▶ [Exercise requirements] Reproduce nothing but the lines from the one containing "s) j ≡ true" to the end of the records below, each exactly as written.

─── Records to use ───

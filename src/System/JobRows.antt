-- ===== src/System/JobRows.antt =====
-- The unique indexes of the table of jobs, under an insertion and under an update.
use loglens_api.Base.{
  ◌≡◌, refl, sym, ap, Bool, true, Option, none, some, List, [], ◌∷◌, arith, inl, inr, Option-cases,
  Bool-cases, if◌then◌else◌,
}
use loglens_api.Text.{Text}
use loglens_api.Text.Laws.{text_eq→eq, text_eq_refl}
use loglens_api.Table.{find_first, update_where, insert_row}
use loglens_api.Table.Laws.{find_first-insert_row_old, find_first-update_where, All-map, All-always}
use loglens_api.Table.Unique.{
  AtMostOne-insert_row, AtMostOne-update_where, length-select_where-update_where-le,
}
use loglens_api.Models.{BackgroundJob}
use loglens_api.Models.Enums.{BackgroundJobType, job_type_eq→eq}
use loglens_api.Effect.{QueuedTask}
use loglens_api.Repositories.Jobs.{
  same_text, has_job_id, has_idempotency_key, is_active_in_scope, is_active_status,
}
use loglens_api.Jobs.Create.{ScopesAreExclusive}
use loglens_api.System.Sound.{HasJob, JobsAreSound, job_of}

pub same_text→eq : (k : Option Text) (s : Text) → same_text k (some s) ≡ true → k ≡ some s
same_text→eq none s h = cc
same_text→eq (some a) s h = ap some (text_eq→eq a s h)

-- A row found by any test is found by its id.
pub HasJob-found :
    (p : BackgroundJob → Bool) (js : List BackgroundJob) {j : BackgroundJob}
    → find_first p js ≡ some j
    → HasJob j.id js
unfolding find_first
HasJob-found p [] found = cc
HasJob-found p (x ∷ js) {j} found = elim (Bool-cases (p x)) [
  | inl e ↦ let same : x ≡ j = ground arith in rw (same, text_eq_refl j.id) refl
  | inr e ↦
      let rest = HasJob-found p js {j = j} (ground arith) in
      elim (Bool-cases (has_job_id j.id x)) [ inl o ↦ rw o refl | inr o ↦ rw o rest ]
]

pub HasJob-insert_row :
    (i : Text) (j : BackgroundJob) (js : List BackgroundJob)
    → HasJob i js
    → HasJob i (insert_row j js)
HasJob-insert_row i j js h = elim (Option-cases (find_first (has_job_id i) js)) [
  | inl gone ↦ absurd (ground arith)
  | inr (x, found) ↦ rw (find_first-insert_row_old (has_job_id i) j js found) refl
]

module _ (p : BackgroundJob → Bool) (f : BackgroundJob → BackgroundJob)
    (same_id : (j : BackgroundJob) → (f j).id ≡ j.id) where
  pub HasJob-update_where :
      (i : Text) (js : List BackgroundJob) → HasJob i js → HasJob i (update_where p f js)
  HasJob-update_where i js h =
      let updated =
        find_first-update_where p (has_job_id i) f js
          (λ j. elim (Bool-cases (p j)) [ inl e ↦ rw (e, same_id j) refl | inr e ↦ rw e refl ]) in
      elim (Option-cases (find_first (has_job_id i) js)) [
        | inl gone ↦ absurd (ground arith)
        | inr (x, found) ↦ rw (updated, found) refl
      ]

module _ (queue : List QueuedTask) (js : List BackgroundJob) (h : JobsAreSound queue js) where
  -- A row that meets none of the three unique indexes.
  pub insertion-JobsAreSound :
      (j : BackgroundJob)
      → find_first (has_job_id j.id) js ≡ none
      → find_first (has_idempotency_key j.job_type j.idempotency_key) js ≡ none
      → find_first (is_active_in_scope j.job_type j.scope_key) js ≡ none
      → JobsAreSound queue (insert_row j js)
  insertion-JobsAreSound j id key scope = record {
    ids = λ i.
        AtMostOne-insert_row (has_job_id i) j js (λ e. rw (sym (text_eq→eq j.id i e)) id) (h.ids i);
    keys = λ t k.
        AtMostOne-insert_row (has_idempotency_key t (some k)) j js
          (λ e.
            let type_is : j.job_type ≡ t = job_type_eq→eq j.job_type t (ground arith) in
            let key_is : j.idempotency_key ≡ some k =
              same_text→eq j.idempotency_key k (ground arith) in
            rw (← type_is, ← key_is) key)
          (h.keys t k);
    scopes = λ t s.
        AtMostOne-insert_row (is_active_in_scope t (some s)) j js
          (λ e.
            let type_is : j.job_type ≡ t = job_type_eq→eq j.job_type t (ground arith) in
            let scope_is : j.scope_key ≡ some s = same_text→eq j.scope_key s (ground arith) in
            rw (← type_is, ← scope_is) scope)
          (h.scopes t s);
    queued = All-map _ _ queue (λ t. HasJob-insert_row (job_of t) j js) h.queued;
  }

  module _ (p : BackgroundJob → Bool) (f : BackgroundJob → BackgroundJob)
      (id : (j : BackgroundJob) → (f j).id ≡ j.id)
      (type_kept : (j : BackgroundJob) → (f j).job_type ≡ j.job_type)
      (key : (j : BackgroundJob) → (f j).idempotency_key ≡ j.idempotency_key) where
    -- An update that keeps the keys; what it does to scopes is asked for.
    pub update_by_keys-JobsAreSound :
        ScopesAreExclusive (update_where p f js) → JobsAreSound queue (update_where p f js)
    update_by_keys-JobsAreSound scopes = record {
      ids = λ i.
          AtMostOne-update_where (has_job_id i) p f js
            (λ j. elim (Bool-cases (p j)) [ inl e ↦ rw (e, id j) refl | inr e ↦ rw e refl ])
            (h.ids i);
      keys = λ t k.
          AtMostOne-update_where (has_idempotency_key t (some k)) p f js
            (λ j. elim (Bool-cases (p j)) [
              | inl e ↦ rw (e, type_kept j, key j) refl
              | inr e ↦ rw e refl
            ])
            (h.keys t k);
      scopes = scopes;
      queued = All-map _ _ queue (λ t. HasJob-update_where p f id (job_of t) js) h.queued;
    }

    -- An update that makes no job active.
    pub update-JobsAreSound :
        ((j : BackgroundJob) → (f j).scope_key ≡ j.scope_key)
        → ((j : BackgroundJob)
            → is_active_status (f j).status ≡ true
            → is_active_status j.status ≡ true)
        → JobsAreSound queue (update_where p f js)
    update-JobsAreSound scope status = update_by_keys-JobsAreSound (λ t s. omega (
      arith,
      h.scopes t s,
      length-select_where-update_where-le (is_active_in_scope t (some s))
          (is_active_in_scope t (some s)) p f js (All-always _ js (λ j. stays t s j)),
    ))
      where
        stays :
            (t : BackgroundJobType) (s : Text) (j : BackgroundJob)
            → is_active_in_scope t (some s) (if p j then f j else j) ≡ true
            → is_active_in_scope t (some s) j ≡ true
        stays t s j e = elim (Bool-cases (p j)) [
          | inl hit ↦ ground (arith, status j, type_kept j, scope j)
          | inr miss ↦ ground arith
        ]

───

▶ [Answer box]
            → is_active_in_scope t (some s) j ≡ true
        stays t s j e = elim (Bool-cases (p j)) [
          | inl hit ↦ ground (arith, status j, type_kept j, scope j)
          | inr miss ↦ ground arith
        ]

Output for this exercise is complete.